▶ Collected data:
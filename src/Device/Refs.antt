-- ===== src/Device/Refs.antt =====
-- client.py: `_resource_ref`, `subscribe`, `unsubscribe`.
use Prim.Native.String.{String}
use teensy_io.Base.{
  ℕ, ◌/◌, ◌%◌, ltb, Option, none, some, List, [], ◌∷◌, ◌++◌, Bool, true, if◌then◌else◌,
}
use teensy_io.Base.Int.{ℤ, pos, negsuc}
use teensy_io.Protocol.Commands.{CommandId, ResourceKind, kind_code}
use teensy_io.Protocol.Errors.{Error, Result, ok, err}
use teensy_io.Protocol.Exec.{Exec, pure, lift, gets, ◌>>=◌, ◌>>◌}
use teensy_io.Resources.{bytes_of}
use teensy_io.Resources.Pin.{flag}
use teensy_io.Resources.Session.{Board, Channel, on_session}
use teensy_io.Device.{find_item}

-- `items[name].number` where the name is known and has a number
abbrev pub numbered : {P : Type 0} → (P → Option ℤ) → String → List (String × P) → Option ℤ
numbered number name items = elim (find_item name items) [ none ↦ none | some p ↦ number p ]

-- `self.id` as an `int`
abbrev id_number : Option ℕ → Option ℤ
id_number none = none
id_number (some id) = some (pos id)

-- The first that there is, or a `KeyError`.
unfoldable pub first_number : List (ResourceKind × Option ℤ) → Result (ResourceKind × ℤ)
first_number [] = err Error.key_error
first_number ((kind, some number) ∷ rest) = ok (kind, number)
first_number ((kind, none) ∷ rest) = first_number rest

module _ {S : Type 0} where
  -- The numbers under which a name is known, with the kinds, in the order of the search.
  unfoldable pub candidates : String → Board S → List (ResourceKind × Option ℤ)
  unfolding find_item
  candidates name b =
      (ResourceKind.digital, numbered (λ p. p.physical_pin) name b.pins)
      ∷ (ResourceKind.analog, numbered (λ a. a.physical_pin) name b.analogs)
      ∷ (ResourceKind.counter, numbered (λ c. id_number c.id) name b.counters)
      ∷ (ResourceKind.encoder, numbered (λ e. id_number e.id) name b.encoders)
      ∷ (ResourceKind.dac, numbered (λ d. id_number d.id) name b.dacs)
      ∷ []

  -- `_resource_ref`
  unfoldable pub resource_ref : String → Board S → Result (ResourceKind × ℤ)
  unfolding candidates first_number
  resource_ref name b = first_number (candidates name b)

-- `struct.pack("<H", value)`
unfoldable pub pack_u16 : ℤ → Result (List ℕ)
pack_u16 (pos n) = if ltb n 65536 then ok ((n % 256) ∷ (n / 256) ∷ []) else err Error.struct_error
pack_u16 (negsuc n) = err Error.struct_error

module _ {S : Type 0} (io : Channel S) where
  -- `rate_hz` is what `int` makes of the rate, or 0 for `None`.
  unfoldable pub subscribe : String → Result ℤ → Bool → Exec (Board S) (Unit {0})
  unfolding resource_ref pack_u16
  subscribe name rate_hz on_change = do
    found ← gets (resource_ref name)
    ref ← lift found
    hz ← lift rate_hz
    front ← lift (bytes_of (pos (kind_code ref.0) ∷ ref.1 ∷ []))
    packed ← lift (pack_u16 hz)
    flags ← lift (bytes_of (flag on_change ∷ []))
    on_session (io.send CommandId.subscribe (front ++ (packed ++ flags)) true)
    pure tt

  unfoldable pub unsubscribe : String → Exec (Board S) (Unit {0})
  unfolding resource_ref
  unsubscribe name = do
    found ← gets (resource_ref name)
    ref ← lift found
    payload ← lift (bytes_of (pos (kind_code ref.0) ∷ ref.1 ∷ []))
    on_session (io.send CommandId.unsubscribe payload true)
    pure tt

▶ About this exercise:
All records must be repeated exactly, with none skipped.

▶ Solution to this exercise:
filename src/Device/Refs.antt
-- ===== src/Device/Refs.antt =====
-- client.py: `_resource_ref`, `subscribe`, `unsubscribe`.
use Prim.Native.String.{String}
use teensy_io.Base.{
  ℕ, ◌/◌, ◌%◌, ltb, Option, none, some, List, [], ◌∷◌, ◌++◌, Bool, true, if◌then◌else◌,
}
use teensy_io.Base.Int.{ℤ, pos, negsuc}
use teensy_io.Protocol.Commands.{CommandId, ResourceKind, kind_code}
use teensy_io.Protocol.Errors.{Error, Result, ok, err}
use teensy_io.Protocol.Exec.{Exec, pure, lift, gets, ◌>>=◌, ◌>>◌}
use teensy_io.Resources.{bytes_of}
use teensy_io.Resources.Pin.{flag}
use teensy_io.Resources.Session.{Board, Channel, on_session}
use teensy_io.Device.{find_item}

-- `items[name].number` where the name is known and has a number
abbrev pub numbered : {P : Type 0} → (P → Option ℤ) → String → List (String × P) → Option ℤ
numbered number name items = elim (find_item name items) [ none ↦ none | some p ↦ number p ]

-- `self.id` as an `int`
abbrev id_number : Option ℕ → Option ℤ
id_number none = none
id_number (some id) = some (pos id)

-- The first that there is, or a `KeyError`.
unfoldable pub first_number : List (ResourceKind × Option ℤ) → Result (ResourceKind × ℤ)
first_number [] = err Error.key_error
first_number ((kind, some number) ∷ rest) = ok (kind, number)
first_number ((kind, none) ∷ rest) = first_number rest

module _ {S : Type 0} where
  -- The numbers under which a name is known, with the kinds, in the order of the search.
  unfoldable pub candidates : String → Board S → List (ResourceKind × Option ℤ)
  unfolding find_item
  candidates name b =
      (ResourceKind.digital, numbered (λ p. p.physical_pin) name b.pins)
      ∷ (ResourceKind.analog, numbered (λ a. a.physical_pin) name b.analogs)
      ∷ (ResourceKind.counter, numbered (λ c. id_number c.id) name b.counters)
      ∷ (ResourceKind.encoder, numbered (λ e. id_number e.id) name b.encoders)
      ∷ (ResourceKind.dac, numbered (λ d. id_number d.id) name b.dacs)
      ∷ []

  -- `_resource_ref`
  unfoldable pub resource_ref : String → Board S → Result (ResourceKind × ℤ)
  unfolding candidates first_number
  resource_ref name b = first_number (candidates name b)

-- `struct.pack("<H", value)`
unfoldable pub pack_u16 : ℤ → Result (List ℕ)
pack_u16 (pos n) = if ltb n 65536 then ok ((n % 256) ∷ (n / 256) ∷ []) else err Error.struct_error
pack_u16 (negsuc n) = err Error.struct_error

module _ {S : Type 0} (io : Channel S) where
  -- `rate_hz` is what `int` makes of the rate, or 0 for `None`.
  unfoldable pub subscribe : String → Result ℤ → Bool → Exec (Board S) (Unit {0})
  unfolding resource_ref pack_u16
  subscribe name rate_hz on_change = do
    found ← gets (resource_ref name)
    ref ← lift found
    hz ← lift rate_hz
    front ← lift (bytes_of (pos (kind_code ref.0) ∷ ref.1 ∷ []))
    packed ← lift (pack_u16 hz)
    flags ← lift (bytes_of (flag on_change ∷ []))
    on_session (io.send CommandId.subscribe (front ++ (packed ++ flags)) true)
    pure tt

  unfoldable pub unsubscribe : String → Exec (Board S) (Unit {0})
  unfolding resource_ref
  unsubscribe name = do
    found ← gets (resource_ref name)
    ref ← lift found
    payload ← lift (bytes_of (pos (kind_code ref.0) ∷ ref.1 ∷ []))
    on_session (io.send CommandId.unsubscribe payload true)
    pure tt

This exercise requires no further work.